**What to work on:** Every line from the one with "first_ok = refl" through the final line of the entries below should be returned exactly; leave out all other lines.

[Saved data entries]

····················

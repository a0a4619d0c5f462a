-- ===== src/Api/Loaded.antt =====
-- The record that `_load` gives is the one in the job store.
use pretext_plus_build_full.Common.{String, ◌==◌, ◌≡◌, ap, Bool-cases, Option-cases, inl, inr}
use pretext_plus_build_full.Common.Dict
use pretext_plus_build_full.Jobs
use pretext_plus_build_full.Jobs.{Record}
use pretext_plus_build_full.Jobs.Laws.{field}
use pretext_plus_build_full.World.{World}
use pretext_plus_build_full.Notify.Callback.{kind_of}
use pretext_plus_build_full.Api.{answered, load_job}

answered-inj : {x y : Record} → answered x ≡ answered y → x ≡ y
answered-inj e = cc

pub field-load_job :
    (job_id kind key : String) (fields : Record) (w : World)
    → load_job w job_id kind ≡ answered fields
    → field w.redis job_id key ≡ Dict.lookup key fields
unfolding load_job
field-load_job job_id kind key fields w e = elim (Option-cases (Jobs.get w.redis job_id)) [
  | inl gone ↦ (let h = rw (load_job, gone) at e in cc)
  | inr (found, known) ↦ elim (Bool-cases (kind_of found == kind)) [
    | inl same ↦
        (let h = rw (load_job, known, same) at e in
          rw (Jobs.get_or_empty, known) (ap (Dict.lookup key) (answered-inj h)))
    | inr other ↦ (let h = rw (load_job, known, other) at e in cc)
  ]
]
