-- ===== src/Api/Finished.antt =====
-- What the API answers about a job that a worker has run.
use pretext_plus_build_full.Common.{Option, some, none, ◌≡◌}
use pretext_plus_build_full.Common.Dict
use pretext_plus_build_full.World.{World, Archive}
use pretext_plus_build_full.Api.{Answer, answered, http_error}

-- The zip, or that there is none.
abbrev pub Served : Option Archive → Answer Archive → Type 0
Served (some z) answer = answer ≡ answered z
Served none answer = answer ≡ http_error 404 "Artifact missing, expired, or job produced no output"
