-- ===== src/Relay/Perform/Tests.antt =====
-- A request with a proof, and the same request again.
use lockrail.Prelude.{
  ◌≡◌, ◌⊎◌, zero, suc, Bool, true, false, none, some, List, [], ◌∷◌, ◌++◌, Result, err, arith,
}
use lockrail.Prelude.Int64.{of_nat}
use lockrail.Prelude.Text.{Text, codes}
use lockrail.Audit.{AuditCodec, AuditEvent}
use lockrail.Audit
use lockrail.Protocol.Claims.{CapabilityClaims, new}
use lockrail.Protocol.Json.{Json}
use lockrail.Protocol.Net.Addr.{v4}
use lockrail.Protocol.Proof.{AccessProof}
use lockrail.Protocol.Samples.{toy, url_crate, payload_value, body_value}
use lockrail.Protocol.Token.{ClaimsCodec, token_prefix}
use lockrail.Relay.Perform.{Meets, perform_relay}
use lockrail.Relay.Perform.Authorised.{Authorised, perform_relay-Authorised}
use lockrail.Relay.Replay
use lockrail.Relay.Replay.{Use}
use lockrail.Relay.Request.{RelayRequest}
use lockrail.Relay.Usage
use lockrail.Relay.World.{Outside, World, Sent, memory_replay, memory_usage}
use lockrail.Vault.Document.{VaultData, SecretRecord, test_fast}
use lockrail.Vault.Exec.{Session, written}
use lockrail.Vault.Libraries.{Libraries}
use lockrail.Vault.Save.{Io}

abbrev key_text : Text
key_text = toy.b64_encode (toy.verifying_key [])

abbrev claims : CapabilityClaims
claims =
    new (of_nat 1000) 7 (codes "API_KEY") (of_nat 5) (codes "*.example.com" ∷ []) (codes "get" ∷ [])
      (codes "/v1/*" ∷ []) (codes "Authorization") (codes "Bearer ") (some 3) (some key_text) none
      none

abbrev codec : ClaimsCodec
codec = record { to_value = λ x. some Json.null; from_slice = λ s. some claims }

abbrev libs : Libraries
libs = record {
  crypto = toy;
  entropy_at_least_3_6 = λ t. false;
  argon2 = λ p s k. some p;
  encrypt = λ k n a m. some m;
  decrypt = λ k n a c. some c;
  aad = λ v k s. some [];
  data_to_vec = λ d. some [];
  value_from_slice = λ t. none;
  data_from_value = λ j. none;
  envelope_to_vec_pretty = λ e. some [];
  envelope_from_slice = λ t. none;
  number_as_i64 = λ t. none;
  capabilities_from_value = λ j. none;
  usage_from_value = λ j. none;
  record_from_value = λ j. none;
}

abbrev audit_codec : AuditCodec
audit_codec = record {
  to_vec = λ e. some (codes "{}");
  sha256 = λ x. codes "x";
  to_string = λ e. some (codes "{}");
  from_str = λ s. none;
}

-- The upstream never answers.
abbrev outside : Outside
outside = record {
  libs = libs;
  crate = url_crate;
  codec = codec;
  proof_value = payload_value;
  body_value = body_value;
  audit = audit_codec;
  to_vec = λ j. some [];
  resolve = λ h p. some (v4 (record { a = 93; b = 184; c = 216; d = 34 }) ∷ []);
  header_name = λ k. some k;
  header_value = λ v. some v;
  to_str = λ v. some v;
  method = λ m. some m;
  client = true;
  send = λ s. none;
  uuid = λ n. codes "7";
  decimal = λ n. codes "0";
}

abbrev token_text : Text
token_text =
    token_prefix
    ++ (b'.' ∷ (toy.b64_encode (codes "{}") ++ (b'.' ∷ toy.b64_encode (toy.sign [] []))))

abbrev proof : AccessProof
proof = record {
  payload = record {
    version = codes "LRAP/0.3";
    agent_id = codes "agt_1";
    capability_hash = codes "sha256:" ++ toy.sha256 token_text;
    method = codes "GET";
    upstream = codes "https://api.example.com/v1/models";
    body_hash = codes "sha256:" ++ toy.sha256 [];
    nonce = codes "n";
    timestamp = of_nat 1000;
    task_id = none;
    purpose = none;
  };
  signature = toy.b64_encode (toy.sign [] []);
}

abbrev request : RelayRequest
request = record {
  capability = token_text;
  method = codes "get";
  upstream = codes "https://api.example.com/v1/models";
  headers = [];
  json_body = none;
  data_body = none;
  proof = some proof;
}

abbrev secret : SecretRecord
secret = record {
  value = codes "s";
  metadata = record {
    name = codes "API_KEY";
    kind = codes "generic";
    fingerprint = [];
    redacted_preview = [];
    created_at = of_nat 1000;
    updated_at = of_nat 1000;
    last_used_at = none;
    tags = [];
  };
}

abbrev data_sample : VaultData
data_sample = record {
  version = 2;
  created_at = of_nat 1000;
  keys = (codes "API_KEY", secret) ∷ [];
  signing_private_key = key_text;
  revoked_capabilities = [];
  revoked_agents = [];
  capability_usage = [];
  agents = [];
}

abbrev world : World Replay.Store Usage.Store
world = record {
  session = record {
    password = codes "pw";
    kdf = test_fast;
    data' = data_sample;
    file = none;
    docs = [];
  };
  replay = [];
  usage = [];
  file = none;
  sent = [];
}

abbrev log_disk : Audit.Disk
log_disk = record { prepared = true; readable = true; writable = true; left = none }

abbrev meets : Meets
meets = record {
  io = record { locked = true; salt = []; nonce = []; write = written };
  request_log = log_disk;
  response_log = log_disk;
}

perform_relay-Authorised_example :
    ((perform_relay outside
        (memory_replay (of_nat 1010))
        memory_usage
        (of_nat 1010)
        meets
        request
        world).1.sent
      ≡ [])
    ⊎ ((out : Sent) × ((perform_relay outside
            (memory_replay (of_nat 1010))
            memory_usage
            (of_nat 1010)
            meets
            request
            world).1.sent
          ≡ out ∷ [])
        × Authorised outside
            (memory_replay (of_nat 1010))
            memory_usage
            (of_nat 1010)
            meets
            request
            world
            out)
perform_relay-Authorised_example =
    perform_relay-Authorised outside (memory_replay (of_nat 1010)) memory_usage (of_nat 1010) meets
      request world (omega arith)

-- The same request ten seconds later, after a call for another proof.
abbrev other : Use
other = record { now = of_nat 1015; key = codes "k"; expires_at = of_nat 2000 }

abbrev later : World Replay.Store Usage.Store
later = record world {
  replay =
      Replay.run
        (perform_relay outside (memory_replay (of_nat 1010)) memory_usage (of_nat 1010) meets
          request world).1.replay
        (other ∷ []);
}
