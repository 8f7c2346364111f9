-- ===== src/Relay/Rebinding/Tests.antt =====
-- Examples of the guard on resolved addresses.
use lockrail.Prelude.{◌≡◌, ◌≢◌, ◌↔◌, false, List, [], ◌∷◌, All, ok}
use lockrail.Protocol.Net.{is_blocked_ip}
use lockrail.Protocol.Net.Addr.{IpAddr, v4}
use lockrail.Relay.Rebinding.{guard_addresses, guard_addresses_iff}

abbrev resolved : List IpAddr
resolved =
    v4 (record { a = 93; b = 184; c = 216; d = 34 })
    ∷ v4 (record { a = 10; b = 0; c = 0; d = 1 })
    ∷ []

guard_addresses_iff_example :
    (guard_addresses resolved ≡ ok tt)
    ↔ ((resolved ≢ []) × All (λ ip. is_blocked_ip ip ≡ false) resolved)
guard_addresses_iff_example = guard_addresses_iff resolved
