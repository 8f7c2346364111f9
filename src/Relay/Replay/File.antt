-- ===== src/Relay/Replay/File.antt =====
-- `FileReplayStore` of crates/lockrail-relay/src/lib.rs. Against the store in memory.
use lockrail.Prelude.{
  ℕ, ◌≤◌, ◌≡◌, refl, sym, ap, ◌∙◌, not, Option, none, some, arith, if◌then◌else◌, Result, ok, err,
  Option-cases, inl, inr,
}
use lockrail.Prelude.Text.{Text, text_eq}
use lockrail.Prelude.Map.{get, insert, retain, Distinct, passing, get-insert, get-retain}
use lockrail.Vault.Error.{VaultError, io, replay_detected}
use lockrail.Relay.Disk.{
  Content, absent, holds, garbled, Disk, smooth, load, save, map_of, IsReadable,
}
use lockrail.Relay.Replay.{Store, Use, is_some, live, check_key}

pub check_loaded :
    Disk → Content → Use → Result VaultError Store → Result VaultError (Unit {0}) × Content
unfolding save
check_loaded disk content u (err e) = (err e, content)
check_loaded disk content u (ok map) =
    let kept = retain (live u.now) map in
    if is_some (get kept u.key)
    then (err replay_detected, content)
    else save disk (insert kept u.key u.expires_at)

pub check_file : Disk → Content → Use → Result VaultError (Unit {0}) × Content
unfolding load check_loaded
check_file disk content u =
    if not disk.prepared then (err io, content) else check_loaded disk content u (load disk content)

-- Two stores look the same at a time if they hold the same keys that have not expired.
abbrev pub SameAt : ℕ → Store → Store → Type 0
SameAt now s t = (k : Text) → passing (live now) (get s k) ≡ passing (live now) (get t k)

file_step :
    (content : Content) (u : Use)
    → IsReadable content
    → check_file smooth content u ≡ check_loaded smooth content u (ok (map_of content))
unfolding check_file load
file_step absent u r = refl
file_step (holds m) u r = refl
file_step garbled u r = absurd r

-- A later time sees no more than an earlier one.
later_sees :
    (now later : ℕ) (x : Option ℕ)
    → now ≤ later
    → passing (live later) (passing (live now) x) ≡ passing (live later) x
later_sees now later none l = refl
later_sees now later (some e) l = ground arith

pub SameAt-later : (now later : ℕ) (s t : Store) → now ≤ later → SameAt now s t → SameAt later s t
SameAt-later now later s t l same k =
    sym (later_sees now later (get s k) l)
    ∙ ap (passing (live later)) (same k)
    ∙ later_sees now later (get t k) l

module _ (s m : Store) (u : Use) (ds : Distinct s) (dm : Distinct m) (same : SameAt u.now s m) where
  abbrev kept : Store → Store
  kept = retain (live u.now)

  kept_same : (k : Text) → get (kept s) k ≡ get (kept m) k
  kept_same k = get-retain (live u.now) s k ds ∙ same k ∙ sym (get-retain (live u.now) m k dm)

  inserted_same :
      (k : Text)
      → get (insert (kept s) u.key u.expires_at) k ≡ get (insert (kept m) u.key u.expires_at) k
  inserted_same k =
      get-insert (kept s) u.key k u.expires_at
      ∙ ap (λ o. if text_eq u.key k then some u.expires_at else o) (kept_same k)
      ∙ sym (get-insert (kept m) u.key k u.expires_at)

  kept_later :
      (later : ℕ) (k : Text)
      → u.now ≤ later
      → passing (live later) (get (kept s) k) ≡ passing (live later) (get m k)
  kept_later later k l =
      ap (passing (live later)) (kept_same k ∙ get-retain (live u.now) m k dm)
      ∙ later_sees u.now later (get m k) l

-- On a disk without failures and a readable file, if the file and the store in memory hold each
-- key once and look the same now, the file answers as the store does, and they look the same now
-- and later after the call.
pub check_file-refines :
    (s : Store) (content : Content) (u : Use)
    → IsReadable content
    → Distinct s
    → Distinct (map_of content)
    → SameAt u.now s (map_of content)
    → ((check_file smooth content u).0 ≡ (check_key s u).0)
      × ((later : ℕ)
          → u.now ≤ later
          → SameAt later (check_key s u).1 (map_of (check_file smooth content u).1))
unfolding check_key check_file check_loaded
check_file-refines s content u r ds dc same =
    rw (file_step content u r)
      (elim (Option-cases (get (kept s (map_of content) u ds dc same s) u.key)) [
        | inl n ↦
            let n' = sym (kept_same s m u ds dc same u.key) ∙ n in
            rw (n, n')
              (refl, λ later l k. ap (passing (live later)) (inserted_same s m u ds dc same k))
        | inr (e, h) ↦
            let h' = sym (kept_same s m u ds dc same u.key) ∙ h in
            rw (h, h') (refl, λ later l k. kept_later s m u ds dc same later k l)
      ])
  where
    m : Store
    m = map_of content
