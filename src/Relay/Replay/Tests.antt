-- ===== src/Relay/Replay/Tests.antt =====
-- Examples of the replay stores.
use lockrail.Prelude.{ℕ, ◌≡◌, ◌↔◌, ◌≤◌, ◌<◌, refl, some, [], ◌∷◌, arith, ok, err}
use lockrail.Prelude.Text.{Text, codes, text_eq}
use lockrail.Prelude.Map.{Distinct, get, retain}
use lockrail.Relay.Disk.{absent, smooth, map_of}
use lockrail.Relay.Replay.{Store, Use, check_key, run}
use lockrail.Relay.Replay.File.{check_file, SameAt, check_file-refines}
use lockrail.Relay.Replay.Once.{replay_refused, check_key-ok_iff}
use lockrail.Vault.Error.{replay_detected}

abbrev use_at : ℕ → Text → Use
use_at now key = record { now = now; key = key; expires_at = 1120 }

abbrev held : Store
held = (codes "old", 900) ∷ (codes "b", 1100) ∷ []

first_ok : (check_key held (use_at 1000 (codes "a"))).0 ≡ ok tt
unfolding check_key get retain text_eq
first_ok = refl

replay_refused_example :
    (check_key
      (run (check_key held (use_at 1000 (codes "a"))).1 (use_at 1050 (codes "c") ∷ []))
      (use_at 1120 (codes "a"))).0
    ≡ err replay_detected
replay_refused_example =
    replay_refused held (use_at 1000 (codes "a")) (use_at 1120 (codes "a"))
      (use_at 1050 (codes "c") ∷ []) first_ok (omega arith, tt) refl (omega arith)

held-Distinct : Distinct held
unfolding get text_eq
held-Distinct = (refl, (refl, tt))

check_key-ok_iff_example :
    ((check_key held (use_at 1000 (codes "b"))).0 ≡ ok tt)
    ↔ ((e : ℕ) → get held (codes "b") ≡ some e → e < 1000)
check_key-ok_iff_example = check_key-ok_iff held (use_at 1000 (codes "b")) held-Distinct

check_file-refines_example :
    ((check_file smooth absent (use_at 1000 (codes "a"))).0
      ≡ (check_key [] (use_at 1000 (codes "a"))).0)
    × ((later : ℕ)
        → 1000 ≤ later
        → SameAt later
            (check_key [] (use_at 1000 (codes "a"))).1
            (map_of (check_file smooth absent (use_at 1000 (codes "a"))).1))
check_file-refines_example =
    check_file-refines [] absent (use_at 1000 (codes "a")) tt tt tt (λ k. refl)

····················

**Written answer:**
first_ok = refl

replay_refused_example :
    (check_key
      (run (check_key held (use_at 1000 (codes "a"))).1 (use_at 1050 (codes "c") ∷ []))
      (use_at 1120 (codes "a"))).0
    ≡ err replay_detected
replay_refused_example =
    replay_refused held (use_at 1000 (codes "a")) (use_at 1120 (codes "a"))
      (use_at 1050 (codes "c") ∷ []) first_ok (omega arith, tt) refl (omega arith)

held-Distinct : Distinct held
unfolding get text_eq
held-Distinct = (refl, (refl, tt))

check_key-ok_iff_example :
    ((check_key held (use_at 1000 (codes "b"))).0 ≡ ok tt)
    ↔ ((e : ℕ) → get held (codes "b") ≡ some e → e < 1000)
check_key-ok_iff_example = check_key-ok_iff held (use_at 1000 (codes "b")) held-Distinct

check_file-refines_example :
    ((check_file smooth absent (use_at 1000 (codes "a"))).0
      ≡ (check_key [] (use_at 1000 (codes "a"))).0)
    × ((later : ℕ)
        → 1000 ≤ later
        → SameAt later
            (check_key [] (use_at 1000 (codes "a"))).1
            (map_of (check_file smooth absent (use_at 1000 (codes "a"))).1))
check_file-refines_example =
    check_file-refines [] absent (use_at 1000 (codes "a")) tt tt tt (λ k. refl)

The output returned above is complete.